Ingo Schwarze [Sun, 27 Nov 2011 23:27:31 +0000 (23:27 +0000)]
Reimplement the global command line options -a and -v
as static global variables, reducing the maze of arguments
passed around among various static functions.
Suggested by kristaps@.
Ingo Schwarze [Sun, 27 Nov 2011 23:11:37 +0000 (23:11 +0000)]
Save the manual type (mdoc, man, or cat) in the index file
of the mandoc databases, as suggested by kristaps@.
Given the well-structured code, this is surprisingly simple.
This changes the mandoc.index database format.
Run "sudo mandocdb" to regenerate your databases.
Ingo Schwarze [Sun, 27 Nov 2011 22:57:53 +0000 (22:57 +0000)]
Rudimentary handling of formatted manuals ("cat pages").
Coded on the train back from p2k11 in Budapest.
Kristaps has seen the patch and agreed with the direction.
Ingo Schwarze [Sat, 26 Nov 2011 22:38:11 +0000 (22:38 +0000)]
Sync to OpenBSD, mostly gratuitous and whitespace differences,
but a few serious things as well:
* -M overrides MANPATH
* -m prepends to the path
* put back database close calls that got lost in mandocdb
* missing sys/types.h in manpath.c, needed for size_t
ok kristaps@
Ingo Schwarze [Sat, 26 Nov 2011 11:23:56 +0000 (11:23 +0000)]

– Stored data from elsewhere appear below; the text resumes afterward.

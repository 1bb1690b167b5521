-- ===== src/Adapter/Supervisor.antt =====
-- `CTPGatewayAdapter._supervisor` (src/infrastructure/ctp_adapter.py). What a session comes to and
-- the shutdown flag are parameters, by the number of failures before. Delays are whole
-- milliseconds, and the multiplier is a whole number, as the default of 2.
pub mod Attempts
use xiaoy_md.Prelude.{
  ℕ, zero, suc, ◌+◌, ◌-◌, ◌*◌, ◌^◌, Bool, true, false, List, [], ◌∷◌, ltb, min, if◌then◌else◌,
}

pub record RetryPolicy : Type 0 where
  pub base_backoff : ℕ
  pub multiplier : ℕ
  pub max_backoff : ℕ
  pub max_retries : ℕ

pub data Ending : Type 0 where
  shut_down ended_cleanly gave_up out_of_fuel : Ending

-- how the supervisor ends, the sessions it started and its sleeps in order
pub record Supervised : Type 0 where
  pub ending : Ending
  pub sessions : ℕ
  pub sleeps : List ℕ

-- the delay behind the given number of failures
unfoldable pub backoff : RetryPolicy → ℕ → ℕ
backoff r attempts = min (r.base_backoff * r.multiplier ^ (attempts - 1)) r.max_backoff

module _ (session_fails : ℕ → Bool) (shutdown_before : ℕ → Bool) (shutdown_after : ℕ → Bool)
    (r : RetryPolicy) where
  -- the `while` loop, with the failures so far
  unfoldable pub supervisor_loop : ℕ → ℕ → Supervised
  unfolding backoff
  supervisor_loop zero attempts = record { ending = out_of_fuel; sessions = 0; sleeps = [] }
  supervisor_loop (suc fuel) attempts = elim (shutdown_before attempts) [
    | true ↦ record { ending = shut_down; sessions = 0; sleeps = [] }
    | false ↦ elim (shutdown_after attempts) [
      | true ↦ record { ending = shut_down; sessions = 1; sleeps = [] }
      | false ↦ elim (session_fails attempts) [
        | false ↦ record { ending = ended_cleanly; sessions = 1; sleeps = [] }
        | true ↦ elim (ltb r.max_retries (attempts + 1)) [
          | true ↦ record { ending = gave_up; sessions = 1; sleeps = [] }
          | false ↦
              let rest = supervisor_loop fuel (attempts + 1) in
              record rest {
                sessions = rest.sessions + 1;
                sleeps = backoff r (attempts + 1) ∷ rest.sleeps;
              }
        ]
      ]
    ]
  ]

  unfoldable pub supervisor : Supervised
  supervisor = supervisor_loop (r.max_retries + 1) 0
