-- ===== src/Adapter/Supervisor/Attempts.antt =====
-- How often the supervisor tries, and that it ends.
use xiaoy_md.Prelude.{
  ℕ, zero, suc, ◌+◌, ◌-◌, ◌≤◌, ◌≡◌, ◌≢◌, Bool, true, false, ltb, length, All, arith, inl, inr,
  Bool-cases,
}
use xiaoy_md.Adapter.Supervisor.{
  RetryPolicy, gave_up, out_of_fuel, Supervised, backoff, supervisor_loop, supervisor,
}

module _ (session_fails : ℕ → Bool) (shutdown_before : ℕ → Bool) (shutdown_after : ℕ → Bool)
    (r : RetryPolicy) where
  abbrev loop : ℕ → ℕ → Supervised
  loop = supervisor_loop session_fails shutdown_before shutdown_after r

  loop-bounds :
      (fuel attempts : ℕ)
      → fuel + attempts ≡ r.max_retries + 1
      → attempts ≤ r.max_retries
      → ((loop fuel attempts).ending ≢ out_of_fuel)
        × ((loop fuel attempts).sessions ≤ fuel)
        × (length (loop fuel attempts).sleeps ≤ fuel - 1)
        × All (λ delay. delay ≤ r.max_backoff) (loop fuel attempts).sleeps
  unfolding supervisor_loop backoff
  loop-bounds zero attempts e le = absurd (omega arith)
  loop-bounds (suc fuel) attempts e le = elim (Bool-cases (ltb r.max_retries (attempts + 1))) [
    | inl over ↦ ground arith
    | inr under ↦
        let rest = loop-bounds fuel (attempts + 1) (omega arith) (ground arith) in
        ground (arith, rest)
  ]

  -- Whatever the sessions do and whenever the flag is set, the supervisor ends, starts at most one
  -- session more than the retries allowed, and sleeps at most as often as the retries allowed, at
  -- most for the maximal backoff.
  pub supervisor-bounds :
      let run = supervisor session_fails shutdown_before shutdown_after r in
      (run.ending ≢ out_of_fuel)
      × (run.sessions ≤ r.max_retries + 1)
      × (length run.sleeps ≤ r.max_retries)
      × All (λ delay. delay ≤ r.max_backoff) run.sleeps
  unfolding supervisor
  supervisor-bounds =
      let (ends, sessions, sleeps, short) =
        loop-bounds (r.max_retries + 1) 0 (omega arith) (omega arith) in
      (ends, sessions, omega (arith, sleeps), short)

  loop-gave_up :
      (fuel attempts : ℕ)
      → fuel + attempts ≡ r.max_retries + 1
      → attempts ≤ r.max_retries
      → ((k : ℕ) → session_fails k ≡ true)
      → ((k : ℕ) → shutdown_before k ≡ false)
      → ((k : ℕ) → shutdown_after k ≡ false)
      → ((loop fuel attempts).ending ≡ gave_up)
        × ((loop fuel attempts).sessions ≡ fuel)
        × (length (loop fuel attempts).sleeps ≡ fuel - 1)
  unfolding supervisor_loop
  loop-gave_up zero attempts e le fails before after = absurd (omega arith)
  loop-gave_up (suc fuel) attempts e le fails before after =
      elim (Bool-cases (ltb r.max_retries (attempts + 1))) [
        | inl over ↦ ground (arith, fails attempts, before attempts, after attempts)
        | inr under ↦
            let rest =
              loop-gave_up fuel (attempts + 1) (omega arith) (ground arith) fails before after in
            ground (arith, rest, fails attempts, before attempts, after attempts)
      ]

  -- When every session fails and nobody shuts the adapter down, the supervisor gives up after one
  -- session more than the retries allowed, with a sleep between two sessions.
  supervisor-gave_up :
      ((k : ℕ) → session_fails k ≡ true)
      → ((k : ℕ) → shutdown_before k ≡ false)
      → ((k : ℕ) → shutdown_after k ≡ false)
      → let run = supervisor session_fails shutdown_before shutdown_after r in
        (run.ending ≡ gave_up)
        × (run.sessions ≡ r.max_retries + 1)
        × (length run.sleeps ≡ r.max_retries)
  unfolding supervisor
  supervisor-gave_up fails before after =
      let (ends, sessions, sleeps) =
        loop-gave_up (r.max_retries + 1) 0 (omega arith) (omega arith) fails before after in
      (ends, sessions, omega (arith, sleeps))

Store page titles in the correct case, and by default, only
put stuff into the database that man(1) will be able to retrieve.
However, support an option to use all directories and files.
feedback and ok kristaps@
I say that mandocdb(8) uses "man(1)'s method", but it doesn't. It just uses
the configuration file and ignores MANPATH. Everybody else uses MANPATH
(being apropos and man), so why shouldn't we?
Make a small manual for how to run man.cgi.
This exists almost entirely to document that /tmp must exist in a jailed
Apache directory for dbopen() not to fail. This was a massive headache
to track down.
(1) Insecure. This means that we're operating over the full file-system
with access to mandoc(1). In this mode, mandocdb entries are formatted
on-the-fly. The $INSECURE environment variable must be passed to
man.cgi for this mode to work.
(2) Secure. Manuals are assumed to be pre-formatted in a cache directory,
which may be set with $CACHE_DIR but default to /cache/man.cgi.
This mode works with manup(8), which updates the cached pages from
outside of the jail. man.cgi simply locates the manual file and
outputs it to stdout.
Export the manpath_manconf() function, slightly reorderng manpath.c while
doing so. This will be used by a jailed man.cgi, as the cache built by
manup(8) creates a man.conf for it to use.
Add manup(8). This runs through mandocdb(8) databases (in the same way that
apropos(1) does so) and updates an HTML fragment cache for use by man.cgi.
Right now man.cgi is "online" in that it requires mandoc(1) in its path,
but this doesn't work for, say, OpenBSD's apache chroot(1). This allows
a cache to be maintained.
man.cgi works for the non-jailed case.
In other words, if you smash this into a cgi-bin directory, it will Just
Work for your system's manuals (it of course needs access to mandoc(1) and
your file-system, hence "non-jailed").
The notion of a jailed case is much more subtle and being worked on now.
Let apropos_db.h export the volume of manpages for a parsed record.
This is necessary since an array of records can have duplicate record
numbers in different mandoc.index files.
The volume [right now] is just the index of the parsed mandoc.index in
the manpaths. This is sensible because the order of the manpath is
significant (it's the order of duplicate-named manuals displayed by
man(1)) and is thus not likely to change.
Have mandocdb(8) take advantage of manpath.h.
This brings it in line with makewhatis(8), which, like apropos(1), will use
man.conf (or manpath(1)) if no manpath entries are provided.